Work instruction
Two lines in the listing below mark the span: one contains "seen ++ replaced secret k s" and one contains "join-split_from secret (suc". Reproduce both of them and everything between, exactly.

Exercise data
● ● ● ● ● ● ●
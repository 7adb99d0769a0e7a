-- ===== src/Api/AnyQueue.antt =====
-- `POST /notify` over any queue: src/api/routes/notify.ts
use mathlib.Core.Option.{some-injective}
use notify_hub.Base.{
  none, List, [], ◌∷◌, ◌++◌, Text, lit, ◌≡◌, refl, ◌∙◌, ◌⊎◌, inl, inr, Option, Option-cases, some,
}
use notify_hub.Core.{Value, ProfileRecord, str}
use notify_hub.Db.{Db}
use notify_hub.Db.Channels
use notify_hub.Db.Profiles
use notify_hub.Ports.{Outcome, ok, raise, Outcome-cases, World, QueuePort, logged, error, object}
use notify_hub.Api.{
  NotifyBody, Parsed, success, failure, Reply, accepted, bad_request, unauthorized, unavailable,
  extract_bearer_token, job_of, first_unknown, unknown_channel, enqueue_job, enqueue_known,
  unknown_message, issue_message, notify_parsed, notify_as, post_notify,
}
use notify_hub.Api.Laws.{IsKnown, Parsed-cases, unknown_channel_iff}

first_unknown-missing :
    (db : Db) (ids : List Text) (id : Text)
    → first_unknown db ids ≡ some id
    → Channels.get db id ≡ none
unfolding first_unknown
first_unknown-missing db [] id e = absurd (cc e)
first_unknown-missing db (j ∷ ids) id e = elim (Option-cases (Channels.get db j)) [
  | inl missing ↦
      let named : some j ≡ some id = rw (missing, first_unknown) at e in
      rw (← some-injective j id named) missing
  | inr (c, found) ↦ first_unknown-missing db ids id (rw (found, first_unknown) at e)
]

unknown_channel-missing :
    (db : Db) (requested : Option (List Text)) (id : Text)
    → unknown_channel db requested ≡ some id
    → Channels.get db id ≡ none
unfolding unknown_channel
unknown_channel-missing db none id e = absurd (cc e)
unknown_channel-missing db (some ids) id e = first_unknown-missing db ids id e

module _ (queue : QueuePort) (safe_parse : Value → Parsed) (authorization : Option Text)
    (input : Value) (w : World) where
  abbrev pub answered : Outcome Reply × World
  answered = post_notify queue safe_parse authorization input w

  -- What the queue makes of the job, and the world that it leaves.
  abbrev pub enqueued : ProfileRecord → NotifyBody → Outcome Text × World
  enqueued profile body = queue.enqueue_dispatch (job_of profile body) w

  -- The world after the route's line on the queue's error.
  abbrev pub reported : Text → World → World
  reported e w' = record w' {
    events =
        w'.events
        ++ logged (record {
          level = error;
          fields = object ((lit "err", str e) ∷ []);
          msg = lit "enqueueDispatch failed; returning 503";
        })
          ∷ [];
  }

  -- The queue took the job, and the reply is 202 with its id; or it rejected, and the reply is 503.
  abbrev pub IsHandedOn : ProfileRecord → NotifyBody → Type 0
  IsHandedOn profile body =
      ((id : Text) × ((enqueued profile body).0 ≡ ok id)
        × (answered ≡ (ok (accepted id), (enqueued profile body).1)))
      ⊎ ((e : Text) × ((enqueued profile body).0 ≡ raise e)
          × (answered ≡ (ok unavailable, reported e (enqueued profile body).1)))

  -- The token resolves to this profile, and the body matches the schema.
  abbrev pub IsRead : ProfileRecord → NotifyBody → Type 0
  IsRead profile body =
      (Profiles.resolve_by_token w.db (extract_bearer_token authorization) ≡ some profile)
      × (safe_parse input ≡ success body)

  -- Nobody has the token; or the body does not match the schema; or it does, but requests a channel
  -- that does not exist, which the reply names.
  abbrev pub IsRefused : Reply → Type 0
  IsRefused reply =
      ((Profiles.resolve_by_token w.db (extract_bearer_token authorization) ≡ none)
        × (reply ≡ unauthorized))
      ⊎ (((issue : Option Text) × (safe_parse input ≡ failure issue)
            × (reply ≡ bad_request (issue_message issue)))
          ⊎ ((profile : ProfileRecord) × (body : NotifyBody) × IsRead profile body
              × ((id : Text) × (Channels.get w.db id ≡ none)
                  × (¬ IsKnown w.db body.channels)
                  × (reply ≡ bad_request (unknown_message id)))))

  enqueue_job-IsHandedOn :
      (profile : ProfileRecord) (body : NotifyBody)
      → answered ≡ enqueue_job queue (job_of profile body) w
      → IsHandedOn profile body
  unfolding enqueue_job
  enqueue_job-IsHandedOn profile body e = elim (Outcome-cases (enqueued profile body).0) [
    | inl (id, taken) ↦ inl (id, taken, e ∙ rw taken refl)
    | inr (message, failed) ↦ inr (message, failed, e ∙ rw failed refl)
  ]

  -- Over any queue, `POST /notify` never rejects. Either the token resolves to a profile, the body
  -- matches the schema, and every channel that it requests exists: then the job is handed to the
  -- queue, whose world is left, and the reply is 202 with the id that the queue resolves to, or 503
  -- after one error line when the queue rejects. Or the reply is 401 or 400 for one of those three
  -- reasons, and the queue is not called: nothing at all has changed.
  pub post_notify-any_queue :
      ((profile : ProfileRecord) × (body : NotifyBody) × IsRead profile body
        × IsKnown w.db body.channels
        × IsHandedOn profile body)
      ⊎ ((reply : Reply) × IsRefused reply × (answered ≡ (ok reply, w)))
  unfolding post_notify notify_as notify_parsed enqueue_known
  post_notify-any_queue =
      elim (Option-cases (Profiles.resolve_by_token w.db (extract_bearer_token authorization))) [
        | inl nobody ↦ inr (unauthorized, inl (nobody, refl), rw nobody refl)
        | inr (profile, resolved) ↦ elim (Parsed-cases (safe_parse input)) [
          | inr (issue, wrong) ↦ inr (
            bad_request (issue_message issue),
            inr (inl (issue, wrong, refl)),
            rw resolved (rw wrong refl),
          )
          | inl (body, parsed) ↦ elim (Option-cases (unknown_channel w.db body.channels)) [
            | inl none' ↦ inl (
              profile,
              body,
              (resolved, parsed),
              (unknown_channel_iff w.db body.channels).0 none',
              enqueue_job-IsHandedOn profile body (rw resolved (rw parsed (rw none' refl))),
            )
            | inr (id, unknown) ↦ inr (
              bad_request (unknown_message id),
              inr (
                  inr (
                    profile,
                    body,
                    (resolved, parsed),
                    (
                      id,
                      unknown_channel-missing w.db body.channels id unknown,
                      λ known.
                          absurd (cc (unknown, (unknown_channel_iff w.db body.channels).1 known)),
                      refl,
                    ),
                  )),
              rw resolved (rw parsed (rw unknown refl)),
            )
          ]
        ]
      ]
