-- ===== src/Base/Decimal.antt =====
-- The number that decimal digits spell.
use Prim.Native.Nat.{ℕ, zero, suc, ◌+◌, ◌-◌, ◌*◌, ◌/◌, ◌%◌, ◌<◌}
use mathlib.Core.Path.{◌≡◌, ap, ◌∙◌}
use mathlib.Core.Logic.{inl, inr}
use mathlib.Core.List.{[], ◌∷◌}
use native.Mathlib.Omega.{arith}
use notify_hub.Base.Tests.{ltb, ltb-false→le, Bool-cases}
use notify_hub.Base.Strings.{Text, decimal, digits_from}

-- The number that digits spell after `n`.
abbrev pub number : ℕ → Text → ℕ
number n [] = n
number n (c ∷ s) = number (n * 10 + (c - 48)) s

number-digits_from :
    (fuel n : ℕ) (out : Text) → n < fuel → number 0 (digits_from fuel n out) ≡ number n out
unfolding digits_from
number-digits_from zero n out h = absurd (omega arith)
number-digits_from (suc fuel) n out h = elim (Bool-cases (ltb n 10)) [
  | inl small ↦ rw (small, digits_from) (ap (λ m. number m out) (omega arith))
  | inr large ↦
      let big = ltb-false→le n 10 large in
      rw (large, digits_from)
        (number-digits_from fuel (n / 10) ((48 + n % 10) ∷ out) (omega arith)
          ∙ ap (λ m. number m out) (omega arith))
]

-- The digits of a number spell that number.
pub number-decimal : (n : ℕ) → number 0 (decimal n) ≡ n
unfolding decimal
number-decimal n = number-digits_from (suc n) n [] (omega arith)
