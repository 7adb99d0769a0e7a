-- ===== src/Channels.antt =====
-- src/channels: the adapters, the decorators, the registry, and the builder of one instance.
pub mod Sanitize
pub mod Spoken
pub mod Adapters
pub mod Registry
pub mod Decorators
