-- ===== src/Channels/Sanitize/Redaction.antt =====
-- The redaction of secrets, as one pass over the text: src/channels/adapters/whatsapp-channel.ts and
-- voicemonkey-channel.ts.
use notify_hub.Base.{
  ℕ, zero, suc, ◌-◌, true, false, Option, none, some, List, [], ◌∷◌, ◌++◌, append_assoc, append-nil,
  Text, lit, length, split, split_from, join, starts_with, includes, take, is_empty, any, eqb, All,
  ◌≡◌, refl, sym, ap, ◌∙◌, inl, inr, arith, Bool-cases, if◌then◌else◌,
}
use notify_hub.Channels.Sanitize.{
  redacted, redact, redact_both, sanitize_whatsapp, sanitize_voicemonkey,
}

-- The text with each occurrence of `secret` replaced, in one pass, as `split` and `join` do.
replaced : Text → ℕ → Text → Text
replaced secret k [] = []
replaced secret (suc k) (c ∷ s) = replaced secret k s
replaced secret zero (c ∷ s) =
    let found = redacted ++ replaced secret (length secret - 1) s in
    let kept = c ∷ replaced secret zero s in if starts_with (c ∷ s) secret then found else kept

split_from-cons :
    (sep : Text) (k : ℕ) (seen s : Text)
    → (first : Text) × (rest : List Text) × (split_from sep k seen s ≡ first ∷ rest)
unfolding split_from
split_from-cons sep k seen [] = (seen, [], refl)
split_from-cons sep (suc k) seen (c ∷ s) = split_from-cons sep k seen s
split_from-cons sep zero seen (c ∷ s) = elim (Bool-cases (starts_with (c ∷ s) sep)) [
  | inl h ↦ (seen, split_from sep (length sep - 1) [] s, rw h refl)
  | inr h ↦
      let (first, rest, e) = split_from-cons sep zero (seen ++ c ∷ []) s in (first, rest, rw h e)
]

join-cons :
    (piece sep first : Text) (rest : List Text) (pieces : List Text)
    → pieces ≡ first ∷ rest
    → join (piece ∷ pieces) sep ≡ piece ++ (sep ++ join pieces sep)
unfolding join
join-cons piece sep first rest pieces e = rw e refl

join-split_from :
    (secret : Text) (k : ℕ) (seen s : Text)
    → join (split_from secret k seen s) redacted ≡ seen ++ replaced secret k s
unfolding split_from replaced join
join-split_from secret k seen [] = sym (append-nil seen)
join-split_from secret (suc k) seen (c ∷ s) = join-split_from secret k seen s
join-split_from secret zero seen (c ∷ s) = elim (Bool-cases (starts_with (c ∷ s) secret)) [
  | inl h ↦
      let (first, rest, e) = split_from-cons secret (length secret - 1) [] s in
      rw h (
        join-cons seen redacted first rest (split_from secret (length secret - 1) [] s) e
        ∙ ap (λ t. seen ++ (redacted ++ t)) (join-split_from secret (length secret - 1) [] s))
  | inr h ↦ rw h (join-split_from secret zero (seen ++ c ∷ []) s ∙ append_assoc seen (c ∷ []) _)
]

-- No unit of the text occurs in the replacement.
abbrev pub Avoids : Text → Type 0
Avoids p = All (λ c. any (λ d. eqb d c) redacted ≡ false) p

starts_with-replaced :
    (secret s p : Text)
    → Avoids p
    → starts_with (replaced secret zero s) p ≡ true
    → starts_with s p ≡ true
unfolding starts_with replaced lit
starts_with-replaced secret s [] h e = ground arith
starts_with-replaced secret [] (b ∷ p) h e = absurd (cc e)
starts_with-replaced secret (c ∷ s) (b ∷ p) h e = elim (Bool-cases (starts_with (c ∷ s) secret)) [
  | inl found ↦ absurd (ground (arith, rw found at e, h.0))
  | inr kept ↦ ground (arith, rw kept at e, starts_with-replaced secret s p h.1)
]

includes-append :
    (r t : Text) (b : ℕ) (p : Text)
    → any (λ d. eqb d b) r ≡ false
    → includes t (b ∷ p) ≡ false
    → includes (r ++ t) (b ∷ p) ≡ false
unfolding includes starts_with
includes-append [] t b p h e = e
includes-append (c ∷ r) t b p h e = ground (arith, includes-append r t b p)

-- Replacing one secret brings in no occurrence of another text.
includes-replaced :
    (secret : Text) (k : ℕ) (s : Text) (b : ℕ) (p : Text)
    → Avoids (b ∷ p)
    → includes s (b ∷ p) ≡ false
    → includes (replaced secret k s) (b ∷ p) ≡ false
unfolding includes replaced
includes-replaced secret k [] b p h e = e
includes-replaced secret (suc k) (c ∷ s) b p h e = includes-replaced secret k s b p h (ground arith)
includes-replaced secret zero (c ∷ s) b p h e = elim (Bool-cases (starts_with (c ∷ s) secret)) [
  | inl found ↦ rw found (
      includes-append redacted (replaced secret (length secret - 1) s) b p h.0
        (includes-replaced secret (length secret - 1) s b p h (ground arith)))
  | inr kept ↦
      let later = includes-replaced secret zero s b p h (ground arith) in
      let back = starts_with-replaced secret (c ∷ s) (b ∷ p) h in
      rw kept (ground (arith, rw (kept, replaced) at back, later))
]

includes-replaced_self :
    (b : ℕ) (p : Text) (k : ℕ) (s : Text)
    → Avoids (b ∷ p)
    → includes (replaced (b ∷ p) k s) (b ∷ p) ≡ false
unfolding includes replaced
includes-replaced_self b p k [] h = refl
includes-replaced_self b p (suc k) (c ∷ s) h = includes-replaced_self b p k s h
includes-replaced_self b p zero (c ∷ s) h = elim (Bool-cases (starts_with (c ∷ s) (b ∷ p))) [
  | inl found ↦ rw found (
      includes-append redacted (replaced (b ∷ p) (length (b ∷ p) - 1) s) b p h.0
        (includes-replaced_self b p (length (b ∷ p) - 1) s h))
  | inr kept ↦
      let later = includes-replaced_self b p zero s h in
      let back = starts_with-replaced (b ∷ p) (c ∷ s) (b ∷ p) h in
      rw kept (ground (arith, rw (kept, replaced) at back, later))
]

starts_with-take : (n : ℕ) (s p : Text) → starts_with (take n s) p ≡ true → starts_with s p ≡ true
unfolding starts_with
starts_with-take n s [] e = ground arith
starts_with-take zero s (b ∷ p) e = absurd (cc e)
starts_with-take (suc n) [] (b ∷ p) e = absurd (cc e)
starts_with-take (suc n) (c ∷ s) (b ∷ p) e = ground (arith, starts_with-take n s p)

includes-take :
    (n : ℕ) (s : Text) (b : ℕ) (p : Text)
    → includes s (b ∷ p) ≡ false
    → includes (take n s) (b ∷ p) ≡ false
unfolding includes
includes-take zero s b p e = unfold starts_with in refl
includes-take (suc n) [] b p e = e
includes-take (suc n) (c ∷ s) b p e =
    ground (arith, includes-take n s b p, starts_with-take (suc n) (c ∷ s) (b ∷ p))

redact-eq-replaced :
    (b : ℕ) (p text : Text) → redact (some (b ∷ p)) text ≡ replaced (b ∷ p) zero text
unfolding redact is_empty split
redact-eq-replaced b p text = join-split_from (b ∷ p) zero [] text

includes-redact :
    (secret : Option Text) (text : Text) (b : ℕ) (p : Text)
    → Avoids (b ∷ p)
    → includes text (b ∷ p) ≡ false
    → includes (redact secret text) (b ∷ p) ≡ false
includes-redact none text b p h e = unfold redact in e
includes-redact (some []) text b p h e = unfold redact is_empty in e
includes-redact (some (c ∷ q)) text b p h e =
    rw (redact-eq-replaced c q text) (includes-replaced (c ∷ q) zero text b p h e)

includes-redact_both :
    (b : ℕ) (p : Text) (other : Option Text) (text : Text)
    → Avoids (b ∷ p)
    → (includes (redact_both (some (b ∷ p)) other text) (b ∷ p) ≡ false)
      × (includes (redact_both other (some (b ∷ p)) text) (b ∷ p) ≡ false)
unfolding redact_both
includes-redact_both b p other text h = (
  includes-take 160 _ b p (
      includes-redact other _ b p h
        (rw (redact-eq-replaced b p text) (includes-replaced_self b p zero text h))),
  includes-take 160 _ b p (
      rw (redact-eq-replaced b p (redact other text))
        (includes-replaced_self b p zero (redact other text) h)),
)

-- A secret that shares no character with "<redacted>", such as a phone number, is nowhere in what
-- the `sanitize` of the WhatsApp adapter and that of the Voice Monkey adapter return, whichever of the
-- adapter's two secrets it is, and whatever the body and the other secret are. Of what Voice Monkey's
-- `describeError` makes of a JSON body with an `error`, which does not pass `sanitize`, it says
-- nothing.
pub includes-sanitize :
    (b : ℕ) (p : Text) (other : Option Text) (body : Text)
    → Avoids (b ∷ p)
    → ((includes (sanitize_whatsapp (some (b ∷ p)) other body) (b ∷ p) ≡ false)
        × (includes (sanitize_whatsapp other (some (b ∷ p)) body) (b ∷ p) ≡ false))
      × ((includes (sanitize_voicemonkey (some (b ∷ p)) other body) (b ∷ p) ≡ false)
          × (includes (sanitize_voicemonkey other (some (b ∷ p)) body) (b ∷ p) ≡ false))
unfolding sanitize_whatsapp sanitize_voicemonkey
includes-sanitize b p other body h =
    (includes-redact_both b p other _ h, includes-redact_both b p other _ h)
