-- ===== src/Device/World.antt =====
-- The device together with what the callbacks of its owner see: the post-write hook, which is
-- called at the end of every `WriteAt`, and the ledger's ack sink. Both belong to the caller, who
-- may look at the device in them, so the model records their calls, in order, in one trace (newest
-- first), each with the device at the time of the call. `Sync` calls nothing: the device that it
-- leaves is the one that the next call sees, or that of the next moment of rest.
use iron_ledger.Common.{ℕ, List, [], ◌∷◌}
use iron_ledger.Device.{SimDevice, write_at, sync}

pub data Event : Type 0 where
  -- post_write_hook_(*this)
  wrote : SimDevice → Event
  -- ack_sink_(key)
  acked : ℕ → SimDevice → Event

-- The device that a callback sees.
abbrev pub seen : Event → SimDevice
seen (wrote d) = d
seen (acked k d) = d

pub record World : Type 0 where
  pub dev : SimDevice
  pub trace : List Event

-- WriteAt with the call of the hook.
unfoldable pub world_write : ℕ → List ℕ → World → World
world_write off buf w =
    let d = write_at off buf w.dev in record { dev = d; trace = wrote d ∷ w.trace }

-- Sync
unfoldable pub world_sync : World → World
world_sync w = record w { dev = sync w.dev }

-- The keys acknowledged in a trace, newest first.
unfoldable pub acks : List Event → List ℕ
acks [] = []
acks (wrote d ∷ es) = acks es
acks (acked k d ∷ es) = k ∷ acks es
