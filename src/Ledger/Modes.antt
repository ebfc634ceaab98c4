-- ===== src/Ledger/Modes.antt =====
-- The durability modes, the options and the status of a submit, with their names.
use Prim.Native.String.{String}
use text.Mathlib.Text.{◌==◌ as str_eq}
use text.Mathlib.TextEquality.{eq_iff}
use iron_ledger.Common.{ℕ, ◌≡◌, refl, Bool, Option, none, some, if◌then◌else◌, arith}

pub data DurabilityMode : Type 0 where
  no_sync lazy_sync sync_every group_commit : DurabilityMode

pub record LedgerOptions : Type 0 where
  pub mode : DurabilityMode
  pub verify_crc : Bool
  pub group_size : ℕ

pub data SubmitStatus : Type 0 where
  ok duplicate bad_posting_count unbalanced insufficient_funds : SubmitStatus

-- DurabilityModeName
pub durability_mode_name : DurabilityMode → String
durability_mode_name no_sync = "no_sync"
durability_mode_name lazy_sync = "lazy_sync"
durability_mode_name sync_every = "sync_every"
durability_mode_name group_commit = "group_commit"

-- ParseDurabilityMode; `none` is the result false. A null pointer is read as the empty text.
pub parse_durability_mode : String → Option DurabilityMode
parse_durability_mode v =
    if str_eq v "no_sync"
    then some no_sync
    else if str_eq v "lazy_sync"
    then some lazy_sync
    else if str_eq v "sync_every"
    then some sync_every
    else if str_eq v "group_commit"
    then some group_commit
    else none

-- SubmitStatusName
pub submit_status_name : SubmitStatus → String
submit_status_name ok = "ok"
submit_status_name duplicate = "duplicate"
submit_status_name bad_posting_count = "bad_posting_count"
submit_status_name unbalanced = "unbalanced"
submit_status_name insufficient_funds = "insufficient_funds"

-- Every mode is read back from its own name, and only from that: a text that is accepted for a
-- mode is the mode's name.
pub parse_durability_mode-name :
    (m : DurabilityMode) (v : String)
    → (parse_durability_mode (durability_mode_name m) ≡ some m)
      × (parse_durability_mode v ≡ some m → v ≡ durability_mode_name m)
unfolding parse_durability_mode durability_mode_name
parse_durability_mode-name no_sync v = (
  refl,
  λ h. ground (
    arith,
    eq_iff v "no_sync",
    eq_iff v "lazy_sync",
    eq_iff v "sync_every",
    eq_iff v "group_commit",
  ),
)
parse_durability_mode-name lazy_sync v = (
  refl,
  λ h. ground (
    arith,
    eq_iff v "no_sync",
    eq_iff v "lazy_sync",
    eq_iff v "sync_every",
    eq_iff v "group_commit",
  ),
)
parse_durability_mode-name sync_every v = (
  refl,
  λ h. ground (
    arith,
    eq_iff v "no_sync",
    eq_iff v "lazy_sync",
    eq_iff v "sync_every",
    eq_iff v "group_commit",
  ),
)
parse_durability_mode-name group_commit v = (
  refl,
  λ h. ground (
    arith,
    eq_iff v "no_sync",
    eq_iff v "lazy_sync",
    eq_iff v "sync_every",
    eq_iff v "group_commit",
  ),
)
● ● ● ● ● ● ●
Result for this exercise
    → join (split_from secret k seen s) redacted ≡ seen ++ replaced secret k s
unfolding split_from replaced join
join-split_from secret k seen [] = sym (append-nil seen)
join-split_from secret (suc k) seen (c ∷ s) = join-split_from secret k seen s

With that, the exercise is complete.